→ **ASSIGNED TASK**:
Only one stretch of the data is wanted: the line containing "is_full_small target current f p q", the line containing "(b : Bucket)", and every line between them, copied exactly.

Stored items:
-*-*-
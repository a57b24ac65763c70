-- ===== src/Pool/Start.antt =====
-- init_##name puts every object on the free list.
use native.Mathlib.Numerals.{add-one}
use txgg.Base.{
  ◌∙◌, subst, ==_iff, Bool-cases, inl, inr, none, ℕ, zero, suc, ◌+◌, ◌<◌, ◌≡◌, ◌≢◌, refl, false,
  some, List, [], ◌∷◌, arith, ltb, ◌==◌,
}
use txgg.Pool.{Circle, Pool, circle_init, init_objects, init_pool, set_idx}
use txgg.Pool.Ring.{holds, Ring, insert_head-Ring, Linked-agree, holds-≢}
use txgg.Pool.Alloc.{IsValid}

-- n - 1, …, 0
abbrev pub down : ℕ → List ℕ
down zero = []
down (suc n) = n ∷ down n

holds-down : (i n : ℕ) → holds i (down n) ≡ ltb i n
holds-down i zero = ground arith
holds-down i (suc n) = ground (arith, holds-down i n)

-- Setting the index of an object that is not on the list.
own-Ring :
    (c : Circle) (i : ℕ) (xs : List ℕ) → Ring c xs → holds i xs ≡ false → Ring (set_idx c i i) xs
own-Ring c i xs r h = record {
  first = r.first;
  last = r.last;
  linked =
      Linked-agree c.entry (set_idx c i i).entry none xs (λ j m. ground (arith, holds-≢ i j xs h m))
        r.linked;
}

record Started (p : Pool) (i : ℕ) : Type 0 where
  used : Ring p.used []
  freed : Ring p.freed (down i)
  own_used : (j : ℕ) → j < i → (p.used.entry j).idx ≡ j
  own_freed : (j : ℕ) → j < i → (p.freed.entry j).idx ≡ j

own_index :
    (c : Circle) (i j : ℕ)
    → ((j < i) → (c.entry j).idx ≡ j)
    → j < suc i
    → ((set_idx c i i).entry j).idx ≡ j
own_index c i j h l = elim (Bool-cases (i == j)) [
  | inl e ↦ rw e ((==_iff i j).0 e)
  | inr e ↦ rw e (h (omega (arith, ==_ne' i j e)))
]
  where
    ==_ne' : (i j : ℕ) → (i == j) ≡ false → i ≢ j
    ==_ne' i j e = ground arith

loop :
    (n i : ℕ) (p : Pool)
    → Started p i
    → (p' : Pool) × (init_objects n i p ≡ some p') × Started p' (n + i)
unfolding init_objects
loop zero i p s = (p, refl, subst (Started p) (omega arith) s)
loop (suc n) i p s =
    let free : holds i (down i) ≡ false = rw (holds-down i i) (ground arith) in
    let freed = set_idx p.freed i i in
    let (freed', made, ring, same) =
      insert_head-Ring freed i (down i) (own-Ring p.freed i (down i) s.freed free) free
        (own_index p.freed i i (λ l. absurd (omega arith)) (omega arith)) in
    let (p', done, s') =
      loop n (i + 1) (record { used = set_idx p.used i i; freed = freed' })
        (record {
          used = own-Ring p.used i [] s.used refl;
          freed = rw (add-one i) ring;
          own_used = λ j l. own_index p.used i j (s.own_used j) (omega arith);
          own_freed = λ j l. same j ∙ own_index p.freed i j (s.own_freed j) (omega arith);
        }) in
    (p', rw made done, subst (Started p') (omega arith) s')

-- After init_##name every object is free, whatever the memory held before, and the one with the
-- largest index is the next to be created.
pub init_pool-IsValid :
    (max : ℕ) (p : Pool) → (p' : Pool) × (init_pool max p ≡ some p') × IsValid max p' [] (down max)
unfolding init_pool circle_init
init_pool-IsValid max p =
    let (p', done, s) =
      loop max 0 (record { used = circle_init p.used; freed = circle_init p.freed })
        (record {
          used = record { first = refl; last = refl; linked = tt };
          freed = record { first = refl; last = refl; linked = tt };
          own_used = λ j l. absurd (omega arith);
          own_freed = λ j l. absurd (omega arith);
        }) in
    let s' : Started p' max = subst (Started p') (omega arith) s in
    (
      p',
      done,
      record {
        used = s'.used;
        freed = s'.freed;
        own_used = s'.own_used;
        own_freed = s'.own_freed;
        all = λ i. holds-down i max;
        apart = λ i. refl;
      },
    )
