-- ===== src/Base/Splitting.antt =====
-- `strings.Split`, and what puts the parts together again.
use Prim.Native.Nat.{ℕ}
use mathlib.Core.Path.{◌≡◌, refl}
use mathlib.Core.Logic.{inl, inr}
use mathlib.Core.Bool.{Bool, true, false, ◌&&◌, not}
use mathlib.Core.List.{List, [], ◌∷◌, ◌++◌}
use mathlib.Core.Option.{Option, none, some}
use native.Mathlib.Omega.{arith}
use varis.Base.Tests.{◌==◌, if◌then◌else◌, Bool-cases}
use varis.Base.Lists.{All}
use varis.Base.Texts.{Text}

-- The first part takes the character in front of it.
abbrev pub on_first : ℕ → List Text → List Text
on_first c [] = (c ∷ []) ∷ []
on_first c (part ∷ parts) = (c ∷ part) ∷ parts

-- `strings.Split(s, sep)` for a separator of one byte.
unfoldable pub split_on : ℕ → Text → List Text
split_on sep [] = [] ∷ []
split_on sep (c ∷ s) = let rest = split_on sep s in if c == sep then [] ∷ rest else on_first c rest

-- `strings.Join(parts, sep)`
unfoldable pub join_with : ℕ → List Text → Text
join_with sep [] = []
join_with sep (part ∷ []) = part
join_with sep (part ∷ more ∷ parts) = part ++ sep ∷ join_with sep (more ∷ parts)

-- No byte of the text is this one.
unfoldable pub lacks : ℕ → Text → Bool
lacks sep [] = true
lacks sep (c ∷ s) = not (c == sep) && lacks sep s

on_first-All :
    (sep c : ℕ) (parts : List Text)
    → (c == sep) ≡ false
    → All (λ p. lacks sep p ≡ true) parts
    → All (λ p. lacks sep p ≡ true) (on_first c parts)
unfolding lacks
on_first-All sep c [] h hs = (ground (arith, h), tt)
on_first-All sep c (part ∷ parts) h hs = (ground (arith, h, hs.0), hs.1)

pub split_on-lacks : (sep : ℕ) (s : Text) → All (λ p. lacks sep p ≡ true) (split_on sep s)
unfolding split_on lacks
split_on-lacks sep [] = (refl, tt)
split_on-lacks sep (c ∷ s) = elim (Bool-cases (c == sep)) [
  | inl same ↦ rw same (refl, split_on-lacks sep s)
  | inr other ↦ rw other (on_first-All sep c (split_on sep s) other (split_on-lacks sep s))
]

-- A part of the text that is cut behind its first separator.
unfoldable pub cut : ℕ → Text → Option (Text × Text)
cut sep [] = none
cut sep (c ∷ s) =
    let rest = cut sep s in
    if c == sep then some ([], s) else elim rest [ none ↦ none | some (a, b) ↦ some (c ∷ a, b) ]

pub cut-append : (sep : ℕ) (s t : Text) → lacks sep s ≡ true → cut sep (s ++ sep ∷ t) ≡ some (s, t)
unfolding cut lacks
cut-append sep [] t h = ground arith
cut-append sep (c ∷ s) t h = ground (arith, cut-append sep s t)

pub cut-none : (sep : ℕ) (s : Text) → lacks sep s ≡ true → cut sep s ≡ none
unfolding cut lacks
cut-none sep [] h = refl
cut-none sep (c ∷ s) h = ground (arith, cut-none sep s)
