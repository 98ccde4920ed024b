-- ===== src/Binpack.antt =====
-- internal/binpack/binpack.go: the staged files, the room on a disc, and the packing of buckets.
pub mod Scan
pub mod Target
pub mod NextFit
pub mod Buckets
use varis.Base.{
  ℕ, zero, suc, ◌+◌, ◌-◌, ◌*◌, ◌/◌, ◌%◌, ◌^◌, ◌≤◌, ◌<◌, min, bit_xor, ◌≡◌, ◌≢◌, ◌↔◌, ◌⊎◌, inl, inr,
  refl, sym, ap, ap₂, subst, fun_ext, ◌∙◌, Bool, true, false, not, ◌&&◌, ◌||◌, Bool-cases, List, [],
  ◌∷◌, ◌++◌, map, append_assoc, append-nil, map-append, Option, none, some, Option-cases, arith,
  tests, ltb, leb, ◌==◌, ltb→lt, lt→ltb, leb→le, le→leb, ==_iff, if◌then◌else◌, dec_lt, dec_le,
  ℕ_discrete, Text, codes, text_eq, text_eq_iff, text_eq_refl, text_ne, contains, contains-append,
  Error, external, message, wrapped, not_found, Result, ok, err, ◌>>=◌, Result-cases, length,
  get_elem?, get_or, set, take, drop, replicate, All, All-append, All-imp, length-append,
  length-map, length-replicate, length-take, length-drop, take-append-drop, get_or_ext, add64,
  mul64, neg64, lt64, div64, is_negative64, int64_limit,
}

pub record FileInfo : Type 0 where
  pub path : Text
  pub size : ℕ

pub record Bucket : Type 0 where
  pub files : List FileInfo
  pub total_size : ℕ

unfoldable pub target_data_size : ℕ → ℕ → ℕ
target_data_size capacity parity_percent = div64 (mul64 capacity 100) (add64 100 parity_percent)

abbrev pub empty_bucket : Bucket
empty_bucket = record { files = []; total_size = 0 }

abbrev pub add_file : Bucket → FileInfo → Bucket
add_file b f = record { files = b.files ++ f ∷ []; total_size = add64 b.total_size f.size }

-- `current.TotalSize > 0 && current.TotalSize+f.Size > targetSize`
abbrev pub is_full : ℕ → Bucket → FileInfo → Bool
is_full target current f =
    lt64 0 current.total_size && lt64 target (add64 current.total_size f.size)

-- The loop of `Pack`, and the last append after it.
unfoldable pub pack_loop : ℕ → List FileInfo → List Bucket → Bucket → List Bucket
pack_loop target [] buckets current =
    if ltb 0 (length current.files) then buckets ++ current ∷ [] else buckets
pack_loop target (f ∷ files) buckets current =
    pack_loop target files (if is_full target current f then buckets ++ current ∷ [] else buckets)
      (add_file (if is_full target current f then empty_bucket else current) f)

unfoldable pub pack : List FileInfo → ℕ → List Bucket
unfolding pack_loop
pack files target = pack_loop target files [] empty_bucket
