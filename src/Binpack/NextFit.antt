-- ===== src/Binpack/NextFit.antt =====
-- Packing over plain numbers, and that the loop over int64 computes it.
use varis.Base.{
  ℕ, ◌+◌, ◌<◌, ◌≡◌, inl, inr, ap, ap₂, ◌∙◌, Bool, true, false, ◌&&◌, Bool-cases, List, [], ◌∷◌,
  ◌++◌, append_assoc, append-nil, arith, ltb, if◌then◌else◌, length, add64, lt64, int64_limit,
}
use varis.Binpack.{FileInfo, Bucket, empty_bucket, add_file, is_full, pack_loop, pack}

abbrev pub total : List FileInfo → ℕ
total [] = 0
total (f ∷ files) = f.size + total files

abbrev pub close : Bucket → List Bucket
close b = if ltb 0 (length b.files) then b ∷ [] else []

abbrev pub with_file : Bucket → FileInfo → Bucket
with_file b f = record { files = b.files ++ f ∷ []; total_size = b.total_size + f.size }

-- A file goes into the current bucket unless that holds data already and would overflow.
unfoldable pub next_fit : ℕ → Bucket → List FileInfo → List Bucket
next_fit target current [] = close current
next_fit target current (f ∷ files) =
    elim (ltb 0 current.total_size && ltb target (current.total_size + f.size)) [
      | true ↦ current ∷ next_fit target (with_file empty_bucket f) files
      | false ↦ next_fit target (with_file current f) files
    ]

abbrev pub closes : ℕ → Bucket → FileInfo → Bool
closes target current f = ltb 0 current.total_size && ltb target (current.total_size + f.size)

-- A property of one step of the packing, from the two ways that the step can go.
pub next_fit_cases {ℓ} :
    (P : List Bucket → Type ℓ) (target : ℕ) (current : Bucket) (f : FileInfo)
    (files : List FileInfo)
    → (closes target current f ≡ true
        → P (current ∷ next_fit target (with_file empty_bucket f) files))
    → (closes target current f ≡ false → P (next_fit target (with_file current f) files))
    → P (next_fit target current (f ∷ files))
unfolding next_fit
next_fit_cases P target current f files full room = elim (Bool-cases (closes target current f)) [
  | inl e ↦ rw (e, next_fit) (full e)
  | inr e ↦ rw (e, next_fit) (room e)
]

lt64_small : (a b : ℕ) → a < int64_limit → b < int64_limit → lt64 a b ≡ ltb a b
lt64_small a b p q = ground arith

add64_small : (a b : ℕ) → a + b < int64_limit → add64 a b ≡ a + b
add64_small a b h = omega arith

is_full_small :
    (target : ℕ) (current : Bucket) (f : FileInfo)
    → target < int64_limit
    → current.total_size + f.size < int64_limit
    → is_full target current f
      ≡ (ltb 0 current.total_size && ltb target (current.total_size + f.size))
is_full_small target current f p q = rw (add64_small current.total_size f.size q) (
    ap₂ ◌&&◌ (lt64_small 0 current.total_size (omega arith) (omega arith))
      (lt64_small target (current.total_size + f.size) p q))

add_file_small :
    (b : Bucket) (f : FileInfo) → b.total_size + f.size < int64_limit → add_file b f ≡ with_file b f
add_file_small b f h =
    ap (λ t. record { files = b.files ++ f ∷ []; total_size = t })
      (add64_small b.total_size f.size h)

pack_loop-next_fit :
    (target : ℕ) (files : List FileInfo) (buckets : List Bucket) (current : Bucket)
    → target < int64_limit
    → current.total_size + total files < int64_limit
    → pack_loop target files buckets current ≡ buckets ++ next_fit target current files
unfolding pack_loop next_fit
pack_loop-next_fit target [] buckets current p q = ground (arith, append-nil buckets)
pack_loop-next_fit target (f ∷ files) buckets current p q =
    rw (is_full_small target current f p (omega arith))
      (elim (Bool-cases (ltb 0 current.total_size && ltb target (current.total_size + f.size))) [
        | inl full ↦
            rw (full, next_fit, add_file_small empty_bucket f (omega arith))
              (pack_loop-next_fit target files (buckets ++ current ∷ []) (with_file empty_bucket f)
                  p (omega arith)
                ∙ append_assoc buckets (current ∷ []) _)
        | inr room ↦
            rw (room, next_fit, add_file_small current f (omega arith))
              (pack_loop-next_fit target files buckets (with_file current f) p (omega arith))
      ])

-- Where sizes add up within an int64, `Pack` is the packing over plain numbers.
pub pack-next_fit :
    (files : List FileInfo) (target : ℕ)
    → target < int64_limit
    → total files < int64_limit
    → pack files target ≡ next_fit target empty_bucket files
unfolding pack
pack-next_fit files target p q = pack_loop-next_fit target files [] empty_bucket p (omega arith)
-*-*-
→ **YOUR RESPONSE**:
is_full_small target current f p q = rw (add64_small current.total_size f.size q) (
    ap₂ ◌&&◌ (lt64_small 0 current.total_size (omega arith) (omega arith))
      (lt64_small target (current.total_size + f.size) p q))

add_file_small :
    (b : Bucket) (f : FileInfo) → b.total_size + f.size < int64_limit → add_file b f ≡ with_file b f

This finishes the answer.